• _YOUR TASK_:
Take the records below from their first line to the line with "(keep_avatar i w q m packet s)", and restate those lines word for word.

━━━

-- ===== src/Relay/Items.antt =====
-- The items that the relay service handles are seen, and keep the other ones seen.
use neo_nect_desktop.Base.{
  ℕ, suc, Bool, false, ◌&&◌, ◌||◌, not, leb, length, Option, none, some, refl, arith, Bool-cases,
  Option-cases, inl, inr, ℤ, eqb_ℤ, pos,
}
use neo_nect_desktop.Base.Json.{
  Members, Values, no_values, value_and, values_of, member, has_member, text_of, undefined, flag,
  number, text, array, object,
}
use neo_nect_desktop.Base.Text.{String, ◌==◌, is_empty}
use neo_nect_desktop.Crypto.{Bytes, OpenSsl, is_empty_bytes}
use neo_nect_desktop.Qt.{Qt}
use neo_nect_desktop.Socket.State.{Network}
use neo_nect_desktop.Relay.{ISettingsRepository, RelayService, Web}
use neo_nect_desktop.Relay.Packet.{Packet, is_named}
use neo_nect_desktop.Relay.Receive.{
  Reading, is_processed, keep_file, keep_avatar, open_packet, keep_name, dispatch, handle_bytes,
  process_incoming_relay_item, process_all, process_messages, on_websocket_message_received,
  on_polled, opened, note_processed, media_path, avatar_path, is_profile, is_friend, is_typing,
}
use neo_nect_desktop.Relay.Keeps.{
  Seen, Seen-same, Seen-if, Seen-note, acknowledge-Seen, handle_401-Seen,
}

module _ {S : Type 0} (i : ISettingsRepository S) (w : Web) (q : Qt) (id : ℤ) where
  keep_file-Seen :
      (m : Members) (packet : Packet) (s : RelayService S)
      → Seen id s
      → Seen id (keep_file i w q m packet s).1
  unfolding keep_file
  keep_file-Seen m packet s v = elim (Bool-cases (has_member "fileData" m)) [
    | inr e ↦ rw e v
    | inl e ↦
        let bytes = w.of_base64 (text_of (member "fileData" m)) in
        elim (Bool-cases
          (not (is_empty_bytes bytes) && w.can_write (media_path i w q packet s.settings))) [
            | inl f ↦ rw (e, f) (Seen-same id s _ refl v)
            | inr f ↦ rw (e, f) v
          ]
  ]

  keep_avatar-Seen :
      (m : Members) (packet : Packet) (s : RelayService S)
      → Seen id s
      → Seen id (keep_avatar i w q m packet s)
  unfolding keep_avatar
  keep_avatar-Seen m packet s v =
      let base64 = q.trimmed (text_of (member "avatarData" m)) in
      let bytes = w.of_base64 base64 in
      Seen-if id _ _ (has_member "avatarData" m && not (is_empty base64) && is_named packet.sender)
        (Seen-if id _ _
          (not (is_empty_bytes bytes)
            && leb (length bytes) 1048576
            && w.can_write (avatar_path i w q packet.sender s.settings))
          (Seen-same id s _ refl v) v)
        v

  open_packet-Seen :
      (r : Reading) (bytes : Bytes) (s : RelayService S)
      → Seen id s
      → Seen id (open_packet i w q r bytes s).1
  unfolding open_packet
  open_packet-Seen r bytes s v = elim (Option-cases (w.of_json bytes)) [
    | inl e ↦ rw (open_packet, e) v
    | inr (m, e) ↦ rw (open_packet, e) (keep_avatar-Seen m _ _ (keep_file-Seen m _ s v))
  ]

  keep_name-Seen :
      (name : String) (packet : Packet) (s : RelayService S)
      → Seen id s
      → Seen id (keep_name i w q name packet s)
  keep_name-Seen name packet s v =
      Seen-if id _ _ (not (is_empty name) && is_named packet.sender) (Seen-same id s _ refl v) v

  dispatch-Seen :
      (item timestamp : ℤ) (packet : Packet) (s : RelayService S)
      → Seen id s
      → Seen id (dispatch i w q item timestamp packet s)
  unfolding dispatch
  dispatch-Seen item timestamp packet s v =
      let same = Seen-same id s in
      Seen-if id _ _ (packet.type == "avatar_update") v (
        Seen-if id _ _ (is_profile i w q packet.type) (keep_name-Seen _ packet s v) (
          Seen-if id _ _ (is_friend i w q packet.type) (same _ refl v) (
            Seen-if id _ _ (is_typing i w q packet.type) (same _ refl v) (
              Seen-if id _ _ (packet.type == "message_seen" || packet.type == "presence_status")
                (same _ refl v) (same _ refl v)))))

  handle_bytes-Seen :
      (r : Reading) (item : ℤ) (bytes : Bytes) (s : RelayService S)
      → Seen id s
      → Seen id (handle_bytes i w q r item bytes s)
  unfolding handle_bytes
  handle_bytes-Seen r item bytes s v =
      let packet = (open_packet i w q r bytes s).0 in
      dispatch-Seen item _ packet _
        (keep_name-Seen packet.display_name packet _ (open_packet-Seen r bytes s v))

  process-Seen :
      (o : OpenSsl) (r : Reading) (item : ℤ) (cipher : String) (s : RelayService S)
      → Seen id s
      → Seen id (process_incoming_relay_item i w q o r item cipher s)
  unfolding process_incoming_relay_item
  process-Seen o r item cipher s v =
      let noted = Seen-note id item s v in
      Seen-if id _ _ (is_processed item s.processed_message_ids) (acknowledge-Seen i id w item s v)
        (Seen-if id _ _ (is_empty_bytes (opened i w q o cipher s))
          (acknowledge-Seen i id w item _ noted)
          (acknowledge-Seen i id w item _ (handle_bytes-Seen r item _ _ noted)))

  pub process-noted :
      (o : OpenSsl) (r : Reading) (cipher : String) (s : RelayService S)
      → Seen id (process_incoming_relay_item i w q o r id cipher s)
  unfolding process_incoming_relay_item is_processed
  process-noted o r cipher s =
      let noted : Seen id (note_processed id s) = record { seen = ground arith } in
      elim (Bool-cases (is_processed id s.processed_message_ids)) [
        | inl e ↦ rw e (acknowledge-Seen i id w id s (record { seen = e }))
        | inr e ↦ rw e (
            Seen-if id _ _ (is_empty_bytes (opened i w q o cipher s))
              (acknowledge-Seen i id w id _ noted)
              (acknowledge-Seen i id w id _ (handle_bytes-Seen r id _ _ noted)))
      ]

  process_all-Seen :
      (o : OpenSsl) (readings : ℕ → Reading) (k : ℕ) (vs : Values) (s : RelayService S)
      → Seen id s
      → Seen id (process_all i w q o readings k vs s)
  unfolding process_all
  process_all-Seen o readings k no_values s v = v
  process_all-Seen o readings k (value_and (object m) rest) s v =
      process_all-Seen o readings (suc k) rest _ (process-Seen o (readings k) _ _ s v)
  process_all-Seen o readings k (value_and undefined rest) s v =
      process_all-Seen o readings (suc k) rest s v
  process_all-Seen o readings k (value_and (flag b) rest) s v =
      process_all-Seen o readings (suc k) rest s v
  process_all-Seen o readings k (value_and (number z) rest) s v =
      process_all-Seen o readings (suc k) rest s v
  process_all-Seen o readings k (value_and (text t) rest) s v =
      process_all-Seen o readings (suc k) rest s v
  process_all-Seen o readings k (value_and (array vs) rest) s v =
      process_all-Seen o readings (suc k) rest s v

  process_messages-Seen :
      (o : OpenSsl) (readings : ℕ → Reading) (root : Option Members) (s : RelayService S)
      → Seen id s
      → Seen id (process_messages i w q o readings root s)
  unfolding process_messages
  process_messages-Seen o readings none s v = v
  process_messages-Seen o readings (some root) s v =
      elim (Option-cases (values_of (member "messages" root))) [
        | inl e ↦ rw (process_messages, e) v
        | inr (vs, e) ↦ rw (process_messages, e) (process_all-Seen o readings 0 vs s v)
      ]

  pub on_websocket-Seen :
      (o : OpenSsl) (r : Reading) (message : String) (s : RelayService S)
      → Seen id s
      → Seen id (on_websocket_message_received i w q o r message s)
  unfolding on_websocket_message_received
  on_websocket-Seen o r message s v = elim (Option-cases (w.of_json (w.to_utf8 message))) [
    | inl e ↦ rw (on_websocket_message_received, e) v
    | inr (m, e) ↦ rw (on_websocket_message_received, e) (process-Seen o r _ _ s v)
  ]

  pub on_polled-Seen :
      (n : Network) (o : OpenSsl) (readings : ℕ → Reading) (status : ℤ) (body : Bytes)
      (no_error : Bool) (s : RelayService S)
      → Seen id s
      → Seen id (on_polled i w q n o readings status body no_error s)
  unfolding on_polled
  on_polled-Seen n o readings status body no_error s v =
      let idle = Seen-same id s (record s { is_polling_active = false }) refl v in
      Seen-if id _ _ (eqb_ℤ status (pos 401)) (handle_401-Seen i id n _ idle) (
        Seen-if id _ _ (not no_error || is_empty_bytes body) idle
          (process_messages-Seen o readings (w.of_json body) _ (Seen-same id s _ refl v)))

━━━

• _EXERCISE OUTPUT_:
-- ===== src/Relay/Items.antt =====
-- The items that the relay service handles are seen, and keep the other ones seen.
use neo_nect_desktop.Base.{
  ℕ, suc, Bool, false, ◌&&◌, ◌||◌, not, leb, length, Option, none, some, refl, arith, Bool-cases,
  Option-cases, inl, inr, ℤ, eqb_ℤ, pos,
}
use neo_nect_desktop.Base.Json.{
  Members, Values, no_values, value_and, values_of, member, has_member, text_of, undefined, flag,
  number, text, array, object,
}
use neo_nect_desktop.Base.Text.{String, ◌==◌, is_empty}
use neo_nect_desktop.Crypto.{Bytes, OpenSsl, is_empty_bytes}
use neo_nect_desktop.Qt.{Qt}
use neo_nect_desktop.Socket.State.{Network}
use neo_nect_desktop.Relay.{ISettingsRepository, RelayService, Web}
use neo_nect_desktop.Relay.Packet.{Packet, is_named}
use neo_nect_desktop.Relay.Receive.{
  Reading, is_processed, keep_file, keep_avatar, open_packet, keep_name, dispatch, handle_bytes,
  process_incoming_relay_item, process_all, process_messages, on_websocket_message_received,
  on_polled, opened, note_processed, media_path, avatar_path, is_profile, is_friend, is_typing,
}
use neo_nect_desktop.Relay.Keeps.{
  Seen, Seen-same, Seen-if, Seen-note, acknowledge-Seen, handle_401-Seen,
}

module _ {S : Type 0} (i : ISettingsRepository S) (w : Web) (q : Qt) (id : ℤ) where
  keep_file-Seen :
      (m : Members) (packet : Packet) (s : RelayService S)
      → Seen id s
      → Seen id (keep_file i w q m packet s).1
  unfolding keep_file
  keep_file-Seen m packet s v = elim (Bool-cases (has_member "fileData" m)) [
    | inr e ↦ rw e v
    | inl e ↦
        let bytes = w.of_base64 (text_of (member "fileData" m)) in
        elim (Bool-cases
          (not (is_empty_bytes bytes) && w.can_write (media_path i w q packet s.settings))) [
            | inl f ↦ rw (e, f) (Seen-same id s _ refl v)
            | inr f ↦ rw (e, f) v
          ]
  ]

  keep_avatar-Seen :
      (m : Members) (packet : Packet) (s : RelayService S)
      → Seen id s
      → Seen id (keep_avatar i w q m packet s)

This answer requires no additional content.